Saved entries
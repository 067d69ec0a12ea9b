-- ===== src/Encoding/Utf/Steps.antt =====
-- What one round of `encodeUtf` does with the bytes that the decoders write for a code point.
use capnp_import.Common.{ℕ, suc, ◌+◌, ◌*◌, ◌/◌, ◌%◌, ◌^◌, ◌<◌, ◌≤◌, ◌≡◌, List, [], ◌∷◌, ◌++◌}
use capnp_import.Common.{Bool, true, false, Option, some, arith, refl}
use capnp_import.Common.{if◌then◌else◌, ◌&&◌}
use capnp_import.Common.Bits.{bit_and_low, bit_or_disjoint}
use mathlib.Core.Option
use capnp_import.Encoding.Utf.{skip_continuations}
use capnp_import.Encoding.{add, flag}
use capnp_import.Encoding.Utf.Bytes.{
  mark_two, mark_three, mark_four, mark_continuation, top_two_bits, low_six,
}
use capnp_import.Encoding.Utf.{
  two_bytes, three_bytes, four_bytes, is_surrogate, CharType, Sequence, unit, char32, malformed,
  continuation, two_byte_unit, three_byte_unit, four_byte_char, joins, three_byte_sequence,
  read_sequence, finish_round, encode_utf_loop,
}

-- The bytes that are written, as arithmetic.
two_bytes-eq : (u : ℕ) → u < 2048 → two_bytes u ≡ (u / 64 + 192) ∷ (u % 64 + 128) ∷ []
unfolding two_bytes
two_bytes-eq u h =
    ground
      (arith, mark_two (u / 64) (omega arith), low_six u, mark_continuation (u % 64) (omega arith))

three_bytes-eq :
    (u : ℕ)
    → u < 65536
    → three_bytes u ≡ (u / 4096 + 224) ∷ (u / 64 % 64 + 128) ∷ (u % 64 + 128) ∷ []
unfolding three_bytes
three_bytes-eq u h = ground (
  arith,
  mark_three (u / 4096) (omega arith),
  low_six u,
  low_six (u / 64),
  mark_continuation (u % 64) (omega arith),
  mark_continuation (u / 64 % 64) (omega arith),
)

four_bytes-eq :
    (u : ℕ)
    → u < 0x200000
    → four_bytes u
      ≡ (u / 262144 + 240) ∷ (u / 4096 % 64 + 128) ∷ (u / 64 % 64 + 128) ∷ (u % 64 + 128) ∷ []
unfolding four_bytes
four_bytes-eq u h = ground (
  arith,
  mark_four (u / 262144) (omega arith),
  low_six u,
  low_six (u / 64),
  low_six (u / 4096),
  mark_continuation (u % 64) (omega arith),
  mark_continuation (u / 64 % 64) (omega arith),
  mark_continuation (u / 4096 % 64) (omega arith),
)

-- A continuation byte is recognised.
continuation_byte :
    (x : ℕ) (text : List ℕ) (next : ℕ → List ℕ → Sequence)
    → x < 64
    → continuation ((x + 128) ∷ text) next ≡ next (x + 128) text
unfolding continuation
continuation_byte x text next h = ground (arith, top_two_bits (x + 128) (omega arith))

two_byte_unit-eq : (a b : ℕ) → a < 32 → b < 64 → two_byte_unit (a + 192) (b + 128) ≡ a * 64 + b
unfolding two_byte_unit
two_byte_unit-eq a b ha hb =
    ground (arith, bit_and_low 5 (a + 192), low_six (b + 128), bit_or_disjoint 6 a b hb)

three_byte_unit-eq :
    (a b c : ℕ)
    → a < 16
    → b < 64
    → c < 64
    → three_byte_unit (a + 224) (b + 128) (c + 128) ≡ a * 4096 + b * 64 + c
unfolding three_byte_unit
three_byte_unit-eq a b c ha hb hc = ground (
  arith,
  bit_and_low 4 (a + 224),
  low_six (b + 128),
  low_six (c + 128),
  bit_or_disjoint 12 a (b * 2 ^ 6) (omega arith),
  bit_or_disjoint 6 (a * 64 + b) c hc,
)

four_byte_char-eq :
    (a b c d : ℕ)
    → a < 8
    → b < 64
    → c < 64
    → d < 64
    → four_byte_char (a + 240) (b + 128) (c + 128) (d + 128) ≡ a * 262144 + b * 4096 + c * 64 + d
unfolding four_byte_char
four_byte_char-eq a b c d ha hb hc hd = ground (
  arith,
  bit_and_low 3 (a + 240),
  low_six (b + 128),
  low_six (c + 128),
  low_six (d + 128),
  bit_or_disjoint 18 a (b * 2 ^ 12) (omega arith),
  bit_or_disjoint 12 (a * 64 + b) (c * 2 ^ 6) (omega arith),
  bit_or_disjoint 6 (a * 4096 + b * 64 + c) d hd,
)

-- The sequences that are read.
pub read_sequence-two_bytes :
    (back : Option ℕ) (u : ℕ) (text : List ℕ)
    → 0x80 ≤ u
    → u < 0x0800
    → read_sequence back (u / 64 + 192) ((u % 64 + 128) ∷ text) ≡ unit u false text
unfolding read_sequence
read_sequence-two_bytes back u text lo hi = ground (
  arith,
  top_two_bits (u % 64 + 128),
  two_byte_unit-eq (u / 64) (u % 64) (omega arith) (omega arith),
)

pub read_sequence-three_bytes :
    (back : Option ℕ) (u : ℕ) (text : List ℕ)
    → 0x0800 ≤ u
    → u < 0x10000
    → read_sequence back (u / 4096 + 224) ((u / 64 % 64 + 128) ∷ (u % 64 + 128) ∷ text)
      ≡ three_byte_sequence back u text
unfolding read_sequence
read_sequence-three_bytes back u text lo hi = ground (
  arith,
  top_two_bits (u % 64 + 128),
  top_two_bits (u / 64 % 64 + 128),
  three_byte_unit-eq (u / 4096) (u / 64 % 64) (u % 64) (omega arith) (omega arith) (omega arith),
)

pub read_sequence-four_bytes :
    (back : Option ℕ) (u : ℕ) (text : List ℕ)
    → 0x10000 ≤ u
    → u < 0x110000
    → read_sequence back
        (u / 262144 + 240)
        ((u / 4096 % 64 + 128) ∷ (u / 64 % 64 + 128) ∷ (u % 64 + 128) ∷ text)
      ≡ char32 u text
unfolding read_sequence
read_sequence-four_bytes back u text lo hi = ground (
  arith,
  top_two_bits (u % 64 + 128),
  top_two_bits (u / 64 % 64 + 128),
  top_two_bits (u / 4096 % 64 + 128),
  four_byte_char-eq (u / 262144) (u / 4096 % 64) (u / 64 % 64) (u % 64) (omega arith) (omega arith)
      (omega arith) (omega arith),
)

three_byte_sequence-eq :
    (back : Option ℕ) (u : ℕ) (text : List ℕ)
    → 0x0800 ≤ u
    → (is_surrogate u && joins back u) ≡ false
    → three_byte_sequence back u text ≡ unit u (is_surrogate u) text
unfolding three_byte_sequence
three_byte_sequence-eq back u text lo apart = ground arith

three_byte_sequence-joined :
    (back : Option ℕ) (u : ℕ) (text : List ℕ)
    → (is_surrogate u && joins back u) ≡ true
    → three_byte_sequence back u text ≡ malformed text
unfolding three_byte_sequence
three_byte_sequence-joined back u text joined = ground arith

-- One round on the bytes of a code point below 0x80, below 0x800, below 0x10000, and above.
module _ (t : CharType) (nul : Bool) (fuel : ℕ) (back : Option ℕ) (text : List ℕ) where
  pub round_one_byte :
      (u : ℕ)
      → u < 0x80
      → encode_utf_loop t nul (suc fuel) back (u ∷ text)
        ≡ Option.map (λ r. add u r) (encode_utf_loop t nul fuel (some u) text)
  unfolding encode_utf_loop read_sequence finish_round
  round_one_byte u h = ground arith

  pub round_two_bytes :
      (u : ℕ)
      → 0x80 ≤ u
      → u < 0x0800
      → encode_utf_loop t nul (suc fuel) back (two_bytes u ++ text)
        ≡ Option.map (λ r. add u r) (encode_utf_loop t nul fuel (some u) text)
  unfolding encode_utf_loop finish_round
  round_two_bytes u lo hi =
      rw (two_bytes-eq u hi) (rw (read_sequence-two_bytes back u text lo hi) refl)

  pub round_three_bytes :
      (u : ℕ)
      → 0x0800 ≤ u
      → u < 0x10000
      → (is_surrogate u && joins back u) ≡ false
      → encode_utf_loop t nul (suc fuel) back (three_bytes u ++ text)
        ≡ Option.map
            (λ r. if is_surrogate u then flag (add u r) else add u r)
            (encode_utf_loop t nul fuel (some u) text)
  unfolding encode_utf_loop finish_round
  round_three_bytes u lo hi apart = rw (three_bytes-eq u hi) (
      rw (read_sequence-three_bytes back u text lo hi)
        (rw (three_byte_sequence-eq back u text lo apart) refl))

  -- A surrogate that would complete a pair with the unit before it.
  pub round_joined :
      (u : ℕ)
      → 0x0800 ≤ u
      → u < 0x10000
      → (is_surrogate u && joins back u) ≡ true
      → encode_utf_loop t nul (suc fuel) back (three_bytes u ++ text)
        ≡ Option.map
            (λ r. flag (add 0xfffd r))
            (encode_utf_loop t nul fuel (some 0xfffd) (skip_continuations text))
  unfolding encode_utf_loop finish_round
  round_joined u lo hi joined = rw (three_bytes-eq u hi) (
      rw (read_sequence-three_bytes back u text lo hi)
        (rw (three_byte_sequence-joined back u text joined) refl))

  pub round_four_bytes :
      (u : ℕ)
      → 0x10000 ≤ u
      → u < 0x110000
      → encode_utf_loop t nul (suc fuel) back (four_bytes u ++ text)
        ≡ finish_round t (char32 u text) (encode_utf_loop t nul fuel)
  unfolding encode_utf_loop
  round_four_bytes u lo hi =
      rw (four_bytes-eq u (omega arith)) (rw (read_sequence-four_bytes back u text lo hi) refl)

- [ACTIVITY] The answer should consist solely of the lines from the first line above through the one with "-- What one", both included, repeated exactly.

- [SOLUTION FOR THIS TASK]
repository 067d69ec0a12ea9b
-- ===== src/Encoding/Utf/Steps.antt =====
-- What one round of `encodeUtf` does with the bytes that the decoders write for a code point.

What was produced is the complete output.